**Work item**
Which lines below fall between the one containing "was_set = refl" and the one containing "one_property-IsStore : IsStore"? Repeat them exactly, counting both of those lines, and add nothing else.

Collected data entries:
******
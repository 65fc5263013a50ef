-- ===== src/Tests/Encoder.antt =====
-- The encoder of Amf at concrete inputs.
use driver_uu_remote.Base.{
  ℕ, ◌^◌, ◌<◌, ◌≡◌, ◌⊎◌, refl, sym, true, false, List, [], ◌∷◌, ◌++◌, none, some, replicate, arith,
}
use driver_uu_remote.Base.Int.{pos}
use driver_uu_remote.Wire.{
  HelperInitMessage, HelperReply, init_bytes, read_init, reply_bytes, read_reply, frame_bytes,
  le_bytes, read_le, init_reply_bytes, read_init_reply,
}
use driver_uu_remote.Transport.{Conn, moved, socket_send_all, send_loop, socket_recv_all, recv_loop}
use driver_uu_remote.Amf.Results.{ok}
use driver_uu_remote.Amf.Store.{VariantOps, Store, property_find, property_set}
use driver_uu_remote.Amf.Store.Laws.{find-property_set, IsStore, property_set-IsStore}
use driver_uu_remote.Amf.Outputs.{
  BridgeBuffer, Outputs, no_outputs, component_queue_output, component_query_output,
}
use driver_uu_remote.Amf.Outputs.Fifo.{Queues, window, queue_output-append, query_output-cons}
use driver_uu_remote.Amf.Component.{
  Component, nv12, other, InitWorld, open_helper, component_init, component_terminate,
  component_drain, component_flush, query_output, Surface, SubmitWorld, surface, component_submit,
  frame_header, exchange, receive_packet, init_message, accepts, init_session, handshake, answered,
  answered_size, replied,
}
use driver_uu_remote.Amf.Component.Session.{
  Asks, Opened, component_init-IsSession, Fits, session-read_init,
}
use driver_uu_remote.Amf.Component.Submit.{
  Exchanged, exchange-Exchanged, Queued, Refusal, receive_packet-Queued,
}
use driver_uu_remote.Amf.Component.Lifecycle.{
  IsValid, component_init-IsValid, component_submit-IsValid, operations-IsValid,
}

abbrev packet : ℕ → BridgeBuffer
packet n = record { bytes = n ∷ []; pts = n; duration = 1 }

-- Two packets, of which the first stands in the last slot.
abbrev round_end : Outputs
round_end = record {
  slots = some (packet 2) ∷ none ∷ none ∷ none ∷ none ∷ none ∷ none ∷ some (packet 1) ∷ [];
  head = 7;
  count = 2;
}

abbrev two_packets : List BridgeBuffer
two_packets = packet 1 ∷ packet 2 ∷ []

round_end-Queues : Queues two_packets round_end
unfolding window
round_end-Queues = record {
  slots = refl;
  head = omega arith;
  count = refl;
  few = omega arith;
  holds = refl;
}

queue_output-append_example :
    ((component_queue_output round_end (packet 3)).0 ≡ true)
    × Queues (two_packets ++ (packet 3 ∷ [])) (component_queue_output round_end (packet 3)).1
queue_output-append_example =
    queue_output-append two_packets (packet 3) round_end round_end-Queues (omega arith)

query_output-cons_example :
    let (result, out, o') = component_query_output false round_end in
    (result ≡ ok) × (out ≡ some (packet 1)) × Queues (packet 2 ∷ []) o'
query_output-cons_example =
    query_output-cons false (packet 1) (packet 2 ∷ []) round_end round_end-Queues

-- A variant that is a number.
abbrev number_ops : VariantOps
number_ops = record { Variant = ℕ; empty = 0; copy = λ value. (ok, value) }

abbrev one_property : Store number_ops
one_property = (66 ∷ [], 1) ∷ []

was_set : (property_set number_ops true one_property (some (67 ∷ [])) 5).0 ≡ ok
unfolding property_set property_find
was_set = refl

find-property_set_example :
    property_find number_ops
      (property_set number_ops true one_property (some (67 ∷ [])) 5).1
      (67 ∷ [])
    ≡ some 5
find-property_set_example =
    find-property_set number_ops true one_property (67 ∷ []) (67 ∷ []) 5 was_set

one_property-IsStore : IsStore number_ops one_property
unfolding property_find
one_property-IsStore = record { bounded = omega arith; distinct = (refl, tt) }

property_set-IsStore_example :
    IsStore number_ops (property_set number_ops true one_property (some (67 ∷ [])) 5).1
property_set-IsStore_example =
    property_set-IsStore number_ops true one_property (some (67 ∷ [])) 5 one_property-IsStore

abbrev fresh_component : Component
fresh_component = record {
  helper = none;
  outputs = no_outputs;
  width = 0;
  height = 0;
  format = other 0;
  next_pts = 0;
  initialized = false;
  draining = false;
}

fresh-IsValid : IsValid fresh_component
fresh-IsValid = record {
  ring = record { slots = refl; head = omega arith; count = omega arith };
  connected = λ e. cc;
}

-- The helper's answer to a session, and to a frame.
abbrev init_link : Conn
init_link = record {
  incoming = init_reply_bytes (record { enabled = 1; protocol_version = 2 });
  answers = moved 99 ∷ moved 99 ∷ [];
  sent = [];
}

abbrev init_world : InitWorld
init_world = record {
  host = none;
  port = none;
  now = 5000;
  later = 5020;
  has_socket = true;
  connect = λ host port. some init_link;
  rate_num = 60;
  rate_den = 1;
  bitrate = 8000000;
}

opened : (component_init init_world 0 fresh_component nv12 (pos 128) (pos 128)).0 ≡ ok
unfolding component_init init_session open_helper handshake answered accepts socket_send_all
    send_loop socket_recv_all recv_loop init_bytes init_reply_bytes read_init_reply le_bytes read_le
    init_message
opened = refl

component_init-IsSession_example :
    Opened init_world 0 fresh_component nv12
      (pos 128)
      (pos 128)
      (component_init init_world 0 fresh_component nv12 (pos 128) (pos 128))
component_init-IsSession_example =
    component_init-IsSession init_world 0 fresh_component nv12 (pos 128) (pos 128) opened

sent_nothing : (conn : Conn) → (open_helper init_world 0 none).0 ≡ some conn → conn.sent ≡ []
unfolding open_helper
sent_nothing conn e = cc

sides_fit : Fits init_world (pos 128) (pos 128)
sides_fit = record {
  wide = λ w e. same w (sym e);
  tall = λ h e. same h (sym e);
  bitrate = omega arith;
  rate_num = omega arith;
  rate_den = omega arith;
}
  where
    same : (n : ℕ) → pos n ≡ pos 128 → n < 2 ^ 31
    same n e = let k : n ≡ 128 = cc in omega (arith, k)

session-read_init_example :
    (link : Conn) × ((component_init init_world 0 fresh_component nv12 (pos 128) (pos 128)).1.helper
      ≡ some link)
    × ((message : HelperInitMessage) × (w : ℕ) × (h : ℕ) × (pos 128 ≡ pos w)
        × (pos 128 ≡ pos h)
        × Asks init_world w h message
        × (read_init link.sent ≡ some (message, [])))
session-read_init_example =
    session-read_init init_world 0 fresh_component nv12 (pos 128) (pos 128) sides_fit opened
      sent_nothing

component_init-IsValid_example :
    IsValid (component_init init_world 0 fresh_component nv12 (pos 128) (pos 128)).1
component_init-IsValid_example =
    component_init-IsValid init_world 0 fresh_component nv12 (pos 128) (pos 128) fresh-IsValid

-- A surface of two by two pixels whose rows are four bytes apart.
abbrev small_surface : Surface
small_surface = record {
  is_nv12 = true;
  width = 2;
  height = 2;
  pitch = 4;
  pixels = λ i. i;
  pts = 7;
  duration = 1;
}

abbrev submit_world : SubmitWorld
submit_world = record {
  has_staging = true;
  is_mapped = true;
  frame_memory = λ size. some (replicate size 0);
  has_packet_memory = true;
  has_buffer = true;
}

abbrev packet_reply : HelperReply
packet_reply = record {
  magic = 0x31464d41;
  type = 3;
  status = 0;
  payload_size = 2;
  width = 0;
  height = 0;
}

abbrev frame_link : Conn
frame_link = record {
  incoming = reply_bytes packet_reply ++ (200 ∷ 201 ∷ []);
  answers = moved 99 ∷ moved 99 ∷ moved 99 ∷ moved 99 ∷ [];
  sent = [];
}

abbrev ready_component : Component
ready_component = record fresh_component {
  helper = some frame_link;
  width = 2;
  height = 2;
  format = nv12;
  initialized = true;
}

ready-IsValid : IsValid ready_component
ready-IsValid = record { ring = fresh-IsValid.ring; connected = λ e. (frame_link, refl) }

component_submit-IsValid_example :
    IsValid (component_submit submit_world ready_component (surface small_surface)).1
component_submit-IsValid_example =
    component_submit-IsValid submit_world ready_component (surface small_surface) ready-IsValid

operations-IsValid_example :
    IsValid (component_terminate ready_component).1
    × IsValid (component_drain ready_component).1
    × IsValid (component_flush ready_component).1
    × IsValid (query_output true ready_component).2
operations-IsValid_example = operations-IsValid true ready_component ready-IsValid

abbrev frame_bytes_sent : List ℕ
frame_bytes_sent = 0 ∷ 1 ∷ 4 ∷ 5 ∷ 8 ∷ 9 ∷ []

replied_two :
    (exchange frame_link (frame_header small_surface frame_bytes_sent) frame_bytes_sent).0 ≡ some 2
unfolding exchange answered_size replied socket_send_all send_loop socket_recv_all recv_loop
    frame_bytes reply_bytes read_reply le_bytes read_le frame_header
replied_two = refl

exchange-Exchanged_example :
    Exchanged frame_link
      (frame_header small_surface frame_bytes_sent)
      frame_bytes_sent
      2
      (exchange frame_link (frame_header small_surface frame_bytes_sent) frame_bytes_sent).1
exchange-Exchanged_example =
    exchange-Exchanged frame_link (frame_header small_surface frame_bytes_sent) frame_bytes_sent 2
      replied_two

abbrev packet_link : Conn
packet_link = record frame_link { incoming = 200 ∷ 201 ∷ [] }

ready-Queues : Queues [] no_outputs
unfolding window
ready-Queues = record {
  slots = refl;
  head = omega arith;
  count = refl;
  few = omega arith;
  holds = refl;
}

receive_packet-Queued_example :
    let (result, after) = receive_packet submit_world ready_component small_surface packet_link 2 in
    ((result ≡ ok) × Queued [] small_surface packet_link 2 after)
    ⊎ (Refusal submit_world [] packet_link 2 result × (after.outputs ≡ no_outputs))
receive_packet-Queued_example =
    receive_packet-Queued submit_world ready_component small_surface packet_link 1 [] ready-Queues
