-- ===== src/Tests/Helping.antt =====
-- The helper process at concrete inputs.
use driver_uu_remote.Base.{ℕ, ◌≡◌, refl, true, List, [], ◌∷◌, ◌++◌, none, replicate, arith}
use driver_uu_remote.Transport.{Conn, moved, recv_all, send_all}
use driver_uu_remote.Wire.{le_bytes, read_le, read_frame, reply_bytes}
use driver_uu_remote.Daemon.Clients.{
  Clients, counted, no_clients, arrive, Steps, here, next, IsCounted, reachable-IsCounted, Served,
  reachable-Served,
}
use driver_uu_remote.Daemon.Codec.{
  AvError, EncoderState, host_frame, flatten, EncodeRound, nv12, Picture, Packed, success, pack,
  waiting, encoder_frame,
}
use driver_uu_remote.Daemon.Codec.Laws.{
  HasChroma, HasPlanes, IsPacked, pack-IsPacked, flatten-host_frame,
}
use driver_uu_remote.Daemon.Session.{Session, SessionRound, goes_on, session_turn}
use driver_uu_remote.Daemon.Session.Laws.{IsAnswered, session_turn-IsAnswered}

-- One client has come.
abbrev one_counted : Clients
one_counted = record { active_clients = 1; running = 0; acceptor = counted 0 }

one_comes : Steps no_clients one_counted
one_comes = next no_clients one_counted one_counted (arrive 0 0) (here one_counted)

reachable-IsCounted_example : IsCounted one_counted
reachable-IsCounted_example = reachable-IsCounted one_counted one_comes

reachable-Served_example : Served one_counted
reachable-Served_example = reachable-Served one_counted one_comes

-- Two by two pixels in rows of four bytes.
abbrev small_picture : Picture
small_picture = record {
  format = nv12;
  width = 2;
  height = 2;
  planes = (1 ∷ 2 ∷ 0 ∷ 0 ∷ 3 ∷ 4 ∷ 0 ∷ 0 ∷ [], 5 ∷ 6 ∷ 0 ∷ 0 ∷ [], []);
  linesize = (4, 4, 0);
}

abbrev small_packed : Packed
small_packed = record { bytes = 1 ∷ 2 ∷ 3 ∷ 4 ∷ 5 ∷ 6 ∷ []; width = 2; height = 2 }

packs : pack true small_picture ≡ success small_packed
unfolding pack
packs = refl

has_planes : HasPlanes small_picture
unfolding HasChroma
has_planes = record {
  luma_line = omega arith;
  luma_size = omega arith;
  chroma = (omega arith, omega arith);
}

pack-IsPacked_example : IsPacked small_picture small_packed
pack-IsPacked_example = pack-IsPacked true small_picture small_packed has_planes packs

abbrev two_by_two : EncoderState
two_by_two = record { codec = true; width = 2; height = 2; next_pts = 5 }

abbrev six_bytes : List ℕ
six_bytes = 1 ∷ 2 ∷ 3 ∷ 4 ∷ 5 ∷ 6 ∷ []

flatten-host_frame_example :
    flatten (host_frame two_by_two six_bytes).luma
      ++ flatten (host_frame two_by_two six_bytes).chroma
    ≡ six_bytes
flatten-host_frame_example = flatten-host_frame two_by_two six_bytes refl refl

abbrev one_packet : EncodeRound
one_packet = record {
  prepared = none;
  sending = λ f. none;
  packets = λ f. (7 ∷ 7 ∷ []) ∷ [];
  ended = none;
}

abbrev calm_round : SessionRound
calm_round = record { allocated = true; encoding = one_packet; decoding = waiting }

abbrev einval_number : AvError → ℕ
einval_number e = 22

-- A frame of six bytes and its header.
abbrev frame_link : Conn
frame_link = record {
  incoming =
      0x41 ∷ 0x4d ∷ 0x46 ∷ 0x31 ∷ 2 ∷ 0 ∷ 0 ∷ 0 ∷ 6 ∷ 0 ∷ 0 ∷ 0 ∷ 0 ∷ 0 ∷ 0 ∷ 0 ∷ replicate 16 0
      ++ six_bytes;
  answers = moved 99 ∷ moved 99 ∷ moved 99 ∷ moved 99 ∷ [];
  sent = [];
}

abbrev session : Session
session = record { encoder = two_by_two; decoder_open = true; conn = frame_link }

abbrev later_session : Session
later_session = record {
  encoder = record two_by_two { next_pts = 6 };
  decoder_open = true;
  conn = record {
    incoming = [];
    answers = [];
    sent =
        0x41 ∷ 0x4d ∷ 0x46 ∷ 0x31 ∷ 3 ∷ 0 ∷ 0 ∷ 0 ∷ 0 ∷ 0 ∷ 0 ∷ 0 ∷ 2 ∷ 0 ∷ 0 ∷ 0 ∷ replicate 8 0
        ++ (7 ∷ 7 ∷ []);
  };
}

turn : session_turn einval_number calm_round session ≡ goes_on later_session
unfolding session_turn recv_all send_all read_frame read_le reply_bytes le_bytes encoder_frame
turn = refl

session_turn-IsAnswered_example : IsAnswered einval_number calm_round session later_session
session_turn-IsAnswered_example =
    session_turn-IsAnswered einval_number calm_round session later_session turn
******
**Result of this task**
was_set = refl

find-property_set_example :
    property_find number_ops
      (property_set number_ops true one_property (some (67 ∷ [])) 5).1
      (67 ∷ [])
    ≡ some 5
find-property_set_example =
    find-property_set number_ops true one_property (67 ∷ []) (67 ∷ []) 5 was_set

one_property-IsStore : IsStore number_ops one_property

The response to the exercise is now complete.